Explanation
The human body loses heat through convection, evaporation, conduction, and radiation. The rate of heat loss by a surface through convection depends on the wind speed above that surface. As a surface heats the air around it, an insulating boundary layer of warm air forms against the surface. Moving air disrupts the boundary layer, allowing for new, cooler air to replace the warm air against the surface. The faster the wind speed, the more readily the surface cools.
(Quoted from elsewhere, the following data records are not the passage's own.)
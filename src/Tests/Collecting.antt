-- ===== src/Tests/Collecting.antt =====
-- The collector's theorems at concrete inputs.
use pprof_rs.Prelude.{
  ℕ, ◌+◌, ◌<◌, ◌≡◌, refl, true, Bool, List, [], ◌∷◌, done, ok, err, Returns, Adds, to_list, arith,
  word, if◌then◌else◌, ◌==◌,
}
use pprof_rs.Key.{Respects}
use pprof_rs.Collector
use pprof_rs.Collector.{Collector}
use pprof_rs.Collector.Bucket.{Entry, Bucket, buckets_associativity, evict, has, scan_min, bump}
use pprof_rs.Collector.Bucket
use pprof_rs.Collector.Bucket.Change.{IsValid, Change, live}
use pprof_rs.Collector.Bucket.Add.{add-Change}
use pprof_rs.Collector.Bucket.Weight.{weigh, Distinct}
use pprof_rs.Collector.HashCounter
use pprof_rs.Collector.HashCounter.Place.{contents}
use pprof_rs.Collector.HashCounter.Add.{add-Adds, collect-contents, new-IsSound}
use pprof_rs.Collector.HashCounter.Add
use pprof_rs.Collector.TempFdArray.{TempFdArray, push, try_iter}
use pprof_rs.Collector.TempFdArray.Push as Spill
use pprof_rs.Collector.TempFdArray.Push.{push-Pushed, push_failed, try_iter-items}
use pprof_rs.Collector.Counts
use pprof_rs.Collector.Counts.{add_all-exact}
use pprof_rs.Tests.Fixtures.{
  number_key, memory, memory_laws, memory_healthy, full_disk, full_disk_laws,
}

abbrev entry : ℕ → ℕ → Entry ℕ
entry k c = record { item = k; count = c }

abbrev full_bucket : Bucket ℕ
full_bucket = record { length = 4; entries = entry 1 5 ∷ entry 2 3 ∷ entry 3 8 ∷ entry 4 3 ∷ [] }

full_bucket-IsValid : IsValid ⦃key = number_key⦄ full_bucket
unfolding has
full_bucket-IsValid = record {
  array = refl;
  fits = omega arith;
  distinct = (refl, (refl, (refl, (refl, tt))));
}

add-Change_example : Returns (Bucket.add ⦃key = number_key⦄ full_bucket 9 1) λ r.
    IsValid ⦃key = number_key⦄ r.0 × Change ⦃key = number_key⦄ 9 1 (live full_bucket) (live r.0) r.1
add-Change_example = add-Change ⦃key = number_key⦄ full_bucket 9 1 full_bucket-IsValid

abbrev is_nine : ℕ → Bool
is_nine k = k == 9

is_nine-Respects : Respects ⦃key = number_key⦄ is_nine
is_nine-Respects a b h = ground arith

abbrev table : HashCounter.HashCounter ℕ
table = HashCounter.new 0

add-Adds_example : Returns (HashCounter.add ⦃key = number_key⦄ table 9 2) λ r.
    Add.IsSound ⦃key = number_key⦄ r.0
    × Adds
        (weigh is_nine (contents r.0.buckets) + weigh is_nine (to_list r.1))
        (weigh is_nine (contents table.buckets))
        (if is_nine 9 then 2 else 0)
add-Adds_example =
    add-Adds ⦃key = number_key⦄ table 9 2 is_nine (new-IsSound ⦃key = number_key⦄ 0).0
      is_nine-Respects

collect-contents_example :
    (HashCounter.collect table ≡ done (contents table.buckets))
    × Distinct ⦃key = number_key⦄ (contents table.buckets)
collect-contents_example =
    collect-contents ⦃key = number_key⦄ table (new-IsSound ⦃key = number_key⦄ 0).0

-- A full buffer of two items, and a file of two.
abbrev spilled : TempFdArray (List ℕ) ℕ
spilled = record { file = 1 ∷ 2 ∷ []; buffer = 3 ∷ 4 ∷ []; buffer_index = 2; flush_n = 1 }

spilled-IsSound : Spill.IsSound memory 2 memory_laws spilled
spilled-IsSound = record { array = refl; fits = omega arith; flushed = refl }

push-Pushed_example :
    Returns
      (push memory 2 spilled 5)
      (Spill.Pushed memory 2 memory_laws memory_healthy (omega arith) 5 spilled)
push-Pushed_example =
    push-Pushed memory 2 memory_laws memory_healthy (omega arith) spilled 5 spilled-IsSound

push_failed_example :
    (a' : TempFdArray (List ℕ) ℕ) × (e' : ℕ) × (push full_disk 2 spilled 5 ≡ done (a', err 28))
    × (try_iter full_disk 2 a' ≡ done (err e'))
push_failed_example =
    push_failed full_disk 2 full_disk_laws spilled 5 28 (omega arith) refl (omega arith)

-- Six keys of one bucket, the first one twice.
abbrev calls : List (ℕ × ℕ)
calls = (9, 1) ∷ (1, 1) ∷ (2, 1) ∷ (3, 1) ∷ (4, 1) ∷ (9, 1) ∷ []

small_calls : Counts.tally (λ _. true) calls < word
unfolding Counts.tally
small_calls = omega arith

add_all-exact_example :
    (start c : Collector (List (Entry ℕ)) ℕ) × (Collector.new ⦃key = number_key⦄ memory 2 0
      ≡ ok start)
    × (Collector.add_all ⦃key = number_key⦄ memory 2 start calls ≡ done c)
    × (Collector.try_iter ⦃key = number_key⦄ memory 2 c
        ≡ done (ok (Counts.entries ⦃key = number_key⦄ memory 2 memory_laws c)))
    × (weigh is_nine (Counts.entries ⦃key = number_key⦄ memory 2 memory_laws c)
        ≡ Counts.tally is_nine calls)
add_all-exact_example =
    add_all-exact ⦃key = number_key⦄ memory 2 memory_laws memory_healthy (omega arith) 0 calls
      is_nine is_nine-Respects small_calls
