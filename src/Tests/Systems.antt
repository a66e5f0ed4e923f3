-- ===== src/Tests/Systems.antt =====
-- A system with the dispositions of two signals, on which sessions are run.
use pprof_rs.Prelude.{ℕ, ◌≡◌, ◌≢◌, refl, [], ok, err}
use pprof_rs.Error.{IoResult}
use pprof_rs.Os.{Os, OsLaws, Signal, sigprof, sigalrm, SigAction, sig_dfl}

-- The dispositions of the two signals.
pub record Signals : Type 0 where
  pub prof : SigAction
  pub alrm : SigAction

abbrev pub disposition : Signals → Signal → SigAction
disposition s sigprof = s.prof
disposition s sigalrm = s.alrm

abbrev sigaction : Signals → Signal → SigAction → Signals × IoResult SigAction
sigaction s sigprof a = (record s { prof = a }, ok s.prof)
sigaction s sigalrm a = (record s { alrm = a }, ok s.alrm)

abbrev pub os : Os Signals
os = record { sigaction = sigaction; setitimer = λ s _ _. s }

pub sets : (s : Signals) (g : Signal) (a : SigAction) → disposition (sigaction s g a).0 g ≡ a
sets s sigprof a = refl
sets s sigalrm a = refl

pub returns :
    (s : Signals) (g : Signal) (a : SigAction) → (sigaction s g a).1 ≡ ok (disposition s g)
returns s sigprof a = refl
returns s sigalrm a = refl

pub others :
    (s : Signals) (g h : Signal) (a : SigAction)
    → g ≢ h
    → disposition (sigaction s g a).0 h ≡ disposition s h
others s sigprof sigprof a d = absurd (d refl)
others s sigprof sigalrm a d = refl
others s sigalrm sigprof a d = refl
others s sigalrm sigalrm a d = absurd (d refl)

pub old_action :
    (s : Signals) (g : Signal) (a old : SigAction)
    → (sigaction s g a).1 ≡ ok old
    → old ≡ disposition s g
old_action s sigprof a old h = cc
old_action s sigalrm a old h = cc

pub never_fails :
    (s : Signals) (g : Signal) (a : SigAction) (e : ℕ)
    → (sigaction s g a).1 ≡ err e
    → disposition (sigaction s g a).0 g ≡ disposition s g
never_fails s sigprof a e h = cc
never_fails s sigalrm a e h = cc

abbrev pub os_laws : OsLaws os
os_laws = record {
  disposition = disposition;
  sigaction_old = old_action;
  sigaction_sets = λ s g a old _. sets s g a;
  sigaction_other = others;
  sigaction_fails = never_fails;
  setitimer-disposition = λ s w v g. refl;
}

abbrev pub signals : Signals
signals = record {
  prof = record { handler = sig_dfl; flags = [] };
  alrm = record { handler = sig_dfl; flags = [] };
}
The speed of cooling has different effects on inanimate objects and biological organisms. For inanimate objects, the effect of wind chill is to reduce any warmer objects to the ambient temperature more quickly. It cannot, however, reduce the temperature of these objects below the ambient temperature, no matter how great the wind velocity (however a wet surface can become cooler than ambient temperature, due to loss of latent heat, for example, water sticking to a wet brick can freeze while the air temperature is above freezing point). For most biological organisms, the physiological response is to maintain surface temperature in an acceptable range so as to avoid adverse effects. Thus, the attempt to maintain a given surface temperature in an environment of faster heat loss results in both the perception of lower temperatures and an actual greater heat loss increasing the risk of adverse effects such as frostbite, hypothermia, and death.
A surface that is wet, such as a person wearing wet clothes, will lose heat quickly as the moisture evaporates and therefore feels colder. Conversely, humid air slows evaporation and makes a surface feel warmer, and this is incorporated into longer wind chill formulas. During warm months, this effect can be described in the heat index or humidex.